[Work instruction] Exactly the lines from the opening of the records through the line containing "abbrev pub IsPid : Bytes → Type 0" should be copied, with both included.

[Dataset excerpts]
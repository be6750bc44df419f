-- ===== src/Driver/Lines.antt =====
-- The process numbers on the command lines, and the command line of a sampling session.
use tracey_mctraceface.Base.{
  ℕ, ◌≡◌, refl, sym, ap, ◌∙◌, Bool, true, false, not, ◌&&◌, List, [], ◌∷◌, ◌++◌, append_assoc,
  append-nil, All, Bytes, codes, is_empty, ltb, ◌==◌, Bool-cases, inl, inr,
}
use tracey_mctraceface.Capabilities.{PerfCapabilities}
use tracey_mctraceface.Driver.{
  PerfConfig, scope_selector, is_userspace, event_args, snapshot_args, size_args, kcore_args,
  build_common_record_args, pid_list, split_pids, parse_pids,
}

-- A text with no comma.
abbrev pub NoComma : Bytes → Type 0
NoComma = All (λ c. (c == b',') ≡ false)

abbrev pub IsPid : Bytes → Type 0
IsPid pid = NoComma pid × (is_empty pid ≡ false)

append-filled : (xs : Bytes) (c : ℕ) → is_empty (xs ++ c ∷ []) ≡ false
append-filled [] c = refl
append-filled (x ∷ xs) c = refl

NoComma-append : (xs : Bytes) (c : ℕ) → NoComma xs → (c == b',') ≡ false → NoComma (xs ++ c ∷ [])
NoComma-append [] c h e = (e, tt)
NoComma-append (x ∷ xs) c h e = (h.0, NoComma-append xs c h.1 e)

split_pids-IsPid : (current s : Bytes) → NoComma current → All IsPid (split_pids current s)
unfolding split_pids
split_pids-IsPid current [] h = elim (Bool-cases (is_empty current)) [
  | inl none_left ↦ rw none_left tt
  | inr filled ↦ rw filled ((h, filled), tt)
]
split_pids-IsPid current (c ∷ cs) h = elim (Bool-cases (c == b',')) [
  | inl comma ↦ elim (Bool-cases (is_empty current)) [
    | inl none_left ↦ rw (comma, none_left) (split_pids-IsPid [] cs tt)
    | inr filled ↦ rw (comma, filled) ((h, filled), split_pids-IsPid [] cs tt)
  ]
  | inr other ↦
      rw other (split_pids-IsPid (current ++ c ∷ []) cs (NoComma-append current c h other))
]

split_pids-end :
    (current s : Bytes)
    → NoComma s
    → is_empty (current ++ s) ≡ false
    → split_pids current s ≡ (current ++ s) ∷ []
unfolding split_pids
split_pids-end current [] h e =
    let filled : is_empty current ≡ false = ap is_empty (sym (append-nil current)) ∙ e in
    rw filled (ap (λ x. x ∷ []) (sym (append-nil current)))
split_pids-end current (c ∷ s) h e = rw (h.0) (
    split_pids-end (current ++ c ∷ []) s h.1 (ap is_empty (append_assoc current (c ∷ []) s) ∙ e)
    ∙ ap (λ x. x ∷ []) (append_assoc current (c ∷ []) s))

split_pids-comma :
    (current s rest : Bytes)
    → NoComma s
    → is_empty (current ++ s) ≡ false
    → split_pids current (s ++ (codes "," ++ rest)) ≡ (current ++ s) ∷ split_pids [] rest
unfolding split_pids
split_pids-comma current [] rest h e =
    let filled : is_empty current ≡ false = ap is_empty (sym (append-nil current)) ∙ e in
    rw filled (ap (λ x. x ∷ split_pids [] rest) (sym (append-nil current)))
split_pids-comma current (c ∷ s) rest h e = rw (h.0) (
    split_pids-comma (current ++ c ∷ []) s rest h.1
      (ap is_empty (append_assoc current (c ∷ []) s) ∙ e)
    ∙ ap (λ x. x ∷ split_pids [] rest) (append_assoc current (c ∷ []) s))

-- Whatever is given for the process numbers, no part that is found is empty or holds a comma.
pub parse_pids-IsPid : (s : Bytes) → All IsPid (parse_pids s)
unfolding parse_pids
parse_pids-IsPid s = split_pids-IsPid [] s tt

-- The list of process numbers that is given to perf is parsed back to the numbers, where none is empty
-- or holds a comma.
pub parse_pids-pid_list : (pids : List Bytes) → All IsPid pids → parse_pids (pid_list pids) ≡ pids
unfolding parse_pids pid_list
parse_pids-pid_list [] h = unfold split_pids in refl
parse_pids-pid_list (pid ∷ []) h = split_pids-end [] pid h.0.0 h.0.1
parse_pids-pid_list (pid ∷ next ∷ pids) h =
    split_pids-comma [] pid (pid_list (next ∷ pids)) h.0.0 h.0.1
    ∙ ap (◌∷◌ pid) (parse_pids-pid_list (next ∷ pids) h.1)

and_false : (b : Bool) → (b && false) ≡ false
and_false true = refl
and_false false = refl

snapshot_args-sampling :
    (config : PerfConfig) (caps : PerfCapabilities)
    → config.sampling ≡ true
    → snapshot_args config caps ≡ []
unfolding snapshot_args
snapshot_args-sampling config caps h = rw (h, and_false (not config.full_execution)) refl

size_args-sampling : (config : PerfConfig) → config.sampling ≡ true → size_args config ≡ []
unfolding size_args
size_args-sampling config h = rw (h, and_false (ltb 0 config.snapshot_size_pages)) refl

kcore_args-sampling :
    (config : PerfConfig) (caps : PerfCapabilities)
    → config.sampling ≡ true
    → kcore_args config caps ≡ []
unfolding kcore_args
kcore_args-sampling config caps h = elim (Bool-cases (is_userspace config.trace_scope)) [
  | inl user ↦ rw user refl
  | inr other ↦ rw (other, h, and_false caps.kcore) refl
]

event_args-sampling :
    (config : PerfConfig)
    → config.sampling ≡ true
    → event_args config
      ≡ (codes "--event=cycles/freq=10000/" ++ scope_selector config.trace_scope) ∷ []
unfolding event_args
event_args-sampling config h = rw h refl

-- A sampling session asks for nothing that needs Intel PT, whatever perf can do and whatever is set for
-- the snapshots and the timer.
pub build_common_record_args-sampling :
    (config : PerfConfig) (caps : PerfCapabilities)
    → config.sampling ≡ true
    → build_common_record_args config caps
      ≡ codes "perf"
        ∷ codes "record"
        ∷ codes "-o"
        ∷ (config.working_directory ++ codes "/perf.data")
        ∷ codes "--timestamp"
        ∷ (codes "--event=cycles/freq=10000/" ++ scope_selector config.trace_scope)
        ∷ []
unfolding build_common_record_args
build_common_record_args-sampling config caps h =
    rw
      (
        event_args-sampling config h,
        snapshot_args-sampling config caps h,
        size_args-sampling config h,
        kcore_args-sampling config caps h,
      )
      refl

[Your solution]
repository be6750bc44df419f
-- ===== src/Driver/Lines.antt =====
-- The process numbers on the command lines, and the command line of a sampling session.
use tracey_mctraceface.Base.{
  ℕ, ◌≡◌, refl, sym, ap, ◌∙◌, Bool, true, false, not, ◌&&◌, List, [], ◌∷◌, ◌++◌, append_assoc,
  append-nil, All, Bytes, codes, is_empty, ltb, ◌==◌, Bool-cases, inl, inr,
}
use tracey_mctraceface.Capabilities.{PerfCapabilities}
use tracey_mctraceface.Driver.{
  PerfConfig, scope_selector, is_userspace, event_args, snapshot_args, size_args, kcore_args,
  build_common_record_args, pid_list, split_pids, parse_pids,
}

-- A text with no comma.
abbrev pub NoComma : Bytes → Type 0
NoComma = All (λ c. (c == b',') ≡ false)

abbrev pub IsPid : Bytes → Type 0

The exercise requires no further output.